Here's how our feedback loop works:

  1. Real-time Feedback Collection: As users interact with HelpHub, they have the opportunity to provide feedback on the AI-generated responses, signaling with a simple "thumbs up" or "thumbs down".
  2. In-depth Analysis with LangSmith: Instead of just collecting feedback in the form or positive or negative signals, we delve deeper (particularly for the negative signals). Using LangSmith, we’re able to attribute each signal to an individual trace. In that trace, we can map the exact sequence of steps the model took to generate that response. We essentially replay GPT's thought process and LangChain’s actions, giving us the insights into what went right and where it veered off track.
  3. Categorizing Into Datasets: Central to our refinement process is LangSmith's use of dynamic datasets. We maintain multiple datasets, each tailored to different query types and user interactions. These datasets are essentially compilations of identical states of our environment at the time the trace was captured. This ensures that when there's an update to the prompt or LLM, a new dataset starts to compile those traces, preventing any contamination.
  4. Automating ENG-team Signals: When a user provides feedback, say a thumbs down, it's immediately flagged to our team via Slack. We built this little snippet to help the team screen traces and prioritize the ones that need attention right away.
  5. Iterating Quickly: We rigorously review the feedback, analyze the corresponding traces, and then, based on our insights, make informed adjustments to the model's role, prompts, or configurations to try and curb whatever jankiness was happening. This iterative process ensures our AI chatbot is continually refining its understanding, resonating more with user needs, and exceeding expectations over time.

By combining granular AI insights through LangSmith with user feedback, we’ve created a pretty tight loop of perpetual improvement with HelpHub. This was such an important unlock for us as we build in tactical functionality to our AI.


Advice for Product Teams Considering LangSmith

When you're in the thick of product development, the whirlwind of AI and LLMs can be overwhelming. We've been there, boots on the ground, making sense of it all. From our journey with LangSmith and HelpHub, here's some hard-earned wisdom for fellow product teams.

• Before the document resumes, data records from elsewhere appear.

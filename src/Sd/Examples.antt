-- ===== src/Sd/Examples.antt =====
-- Runs of the SD card's commands that move a block, on cards that answer one of them.
use zosys.Common.{
  ℕ, zero, suc, ◌++◌, ◌≡◌, refl, some, List, [], ◌∷◌, replicate, arith, length-replicate,
}
use zosys.Spi.{Csio, spi_in_byte, spi_out_byte, spi_cs1, spi_cs_none, reverse}
use zosys.Sd.{out, select, deselect, assert_cs, deassert_cs, sd_command, sd_start_token}
use zosys.Sd.Blocks.{sd_read_single_block, sd_write_single_block, send_block}
use zosys.Sd.Answers.{Answers}
use zosys.Sd.BlockReads.{data_bytes, token_of, block_or, sd_read_single_block_lem}
use zosys.Sd.BlockWrites.{taken, reply_bytes, sd_write_single_block_lem}
use zosys.Sd.Transfer.{bytes_to_do}

-- The first byte of the second block on its own, and the last two of the first.
read_example : bytes_to_do 510 100 ≡ 2
unfolding bytes_to_do
read_example = refl

-- A card that answers R1, the start token and then ones for ever.
abbrev next : ℕ → ℕ × ℕ
next zero = (0x00, 1)
next (suc zero) = (0x7f, 2)
next (suc (suc n)) = (0xff, 2)

abbrev port : Csio ℕ
port = record { send = λ b d. d; receive = next; io_system = λ b d. d }

ones :
    (n : ℕ) (bs : List ℕ) → Answers port 0 9 2 bs 2 → Answers port 0 9 2 (replicate n 0xff ++ bs) 2
unfolding spi_in_byte reverse
ones zero bs a = a
ones (suc n) bs a = (refl, ones n bs a)

block_answer :
    Answers port 0 9 0
      ((replicate 0 0xff ++ 0x00 ∷ []) ++ data_bytes (some (replicate 512 0xff)) 0 1563 0xff 0xff)
      2
unfolding spi_in_byte reverse
block_answer = (refl, (refl, ones 512 (0xff ∷ 0xff ∷ []) (refl, (refl, refl))))

port_up : assert_cs port 0 9 0 ≡ some (tt, 0)
unfolding assert_cs out select spi_out_byte spi_cs1
port_up = refl

port_command : sd_command port 0 9 17 1024 0 0 ≡ some (tt, 0)
unfolding sd_command out spi_out_byte
port_command = refl

port_down : deassert_cs port 0 9 2 ≡ some (tt, 2)
unfolding deassert_cs out deselect spi_out_byte spi_cs_none
port_down = refl

sd_read_single_block_lem_example :
    sd_read_single_block port 0 9 1024 [] 0
    ≡ some
        ((0x00, token_of (some (replicate 512 0xff)), block_or (some (replicate 512 0xff)) []), 2)
sd_read_single_block_lem_example =
    sd_read_single_block_lem port 0 9 (some (replicate 512 0xff)) 0 0 1563 0x00 0xff 0xff 1024 [] 0
      0 0 2 2 port_up port_command (omega arith) (omega arith) refl refl
      (length-replicate {A = ℕ} 512 0xff) port_down block_answer

-- A card that answers R1, takes the block, is busy for one byte and then idle.
abbrev next_taken : ℕ → ℕ × ℕ
next_taken zero = (0x00, 1)
next_taken (suc zero) = (0xa7, 2)
next_taken (suc (suc zero)) = (0x00, 3)
next_taken (suc (suc (suc n))) = (0xff, 3)

abbrev port_taken : Csio ℕ
port_taken = record { send = λ b d. d; receive = next_taken; io_system = λ b d. d }

taken_up : assert_cs port_taken 0 9 0 ≡ some (tt, 0)
unfolding assert_cs out select spi_out_byte spi_cs1
taken_up = refl

taken_command : sd_command port_taken 0 9 24 1024 0 0 ≡ some (tt, 0)
unfolding sd_command out spi_out_byte
taken_command = refl

taken_r1 : Answers port_taken 0 9 0 (0x00 ∷ []) 1
unfolding spi_in_byte reverse
taken_r1 = (refl, refl)

taken_block : send_block port_taken 0 9 (7 ∷ 8 ∷ 9 ∷ []) 1 ≡ some (tt, 1)
unfolding send_block out spi_out_byte
taken_block = refl

taken_token : out port_taken 0 9 sd_start_token 1 ≡ some (tt, 1)
unfolding out spi_out_byte
taken_token = refl

taken_answer :
    Answers port_taken 0 9 1 ((replicate 0 0xff ++ 0xe5 ∷ []) ++ reply_bytes (taken 1 0xff)) 3
unfolding spi_in_byte reverse
taken_answer = (refl, (refl, (refl, refl)))

taken_down : deassert_cs port_taken 0 9 3 ≡ some (tt, 3)
unfolding deassert_cs out deselect spi_out_byte spi_cs_none
taken_down = refl

sd_write_single_block_lem_example :
    sd_write_single_block port_taken 0 9 1024 (7 ∷ 8 ∷ 9 ∷ []) 0 ≡ some ((0x00, 0x05), 3)
sd_write_single_block_lem_example =
    sd_write_single_block_lem port_taken 0 9 (taken 1 0xff) 0 0 0xe5 1024 (7 ∷ 8 ∷ 9 ∷ []) 0 0 0 1 1
      1 3 3 taken_up taken_command (omega arith) taken_r1 taken_token taken_block (omega arith)
      (ground arith) (refl, omega arith, ground arith) taken_answer taken_down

Start with Data, and Start Now:

AI thrives on data. But don’t wait for the 'perfect' moment or the 'perfect' dataset. Start collecting now. Setting up LangSmith takes literally 5 minutes if you’re already using LangChain. Every bit of data, every interaction, adds a layer of understanding. But, a word to the wise: quality matters. Make sure the data reflects real-world scenarios, ensuring your AI resonates with genuine user needs.

  1. Dive Deep with Traces: Don't just skim the surface. Use LangSmith's trace feature to dive deep into AI decision-making. Every trace is a lesson, a chance to improve.
  2. Experiment with Prompts: One of LangSmith's standout features is its ability to test a new prompt across multiple examples without manual entry each time. This makes it incredibly efficient to iterate on your setup, ensuring you get the desired output from the AI. Note, in addition, the Playground is also an amazing tool to dig around with for testing prompts and adjustments to traces too.
  3. Lean on the Community: There's a whole community of LangSmith users out there. Swap stories, share challenges, and celebrate successes. You're not alone on this journey.
  4. Stay on Your Toes: AI doesn’t stand still, and neither should you. Keep an eye on LangSmith's updates. New features? Dive in. Test, iterate, refine.

Conclusion

After diving deep with LangSmith's traces, experimenting with prompts, testing, and iterating on our LLM environment, here's the real talk: LangSmith isn't just a tool for us - it's become a critical inclusion in our stack. We've moved from crossing our fingers and toes hoping our AI works to knowing exactly how and why.

So, to our fellow AI product people trailblazers, dive into LangSmith. You’d be silly not to if you’re already using LangChain!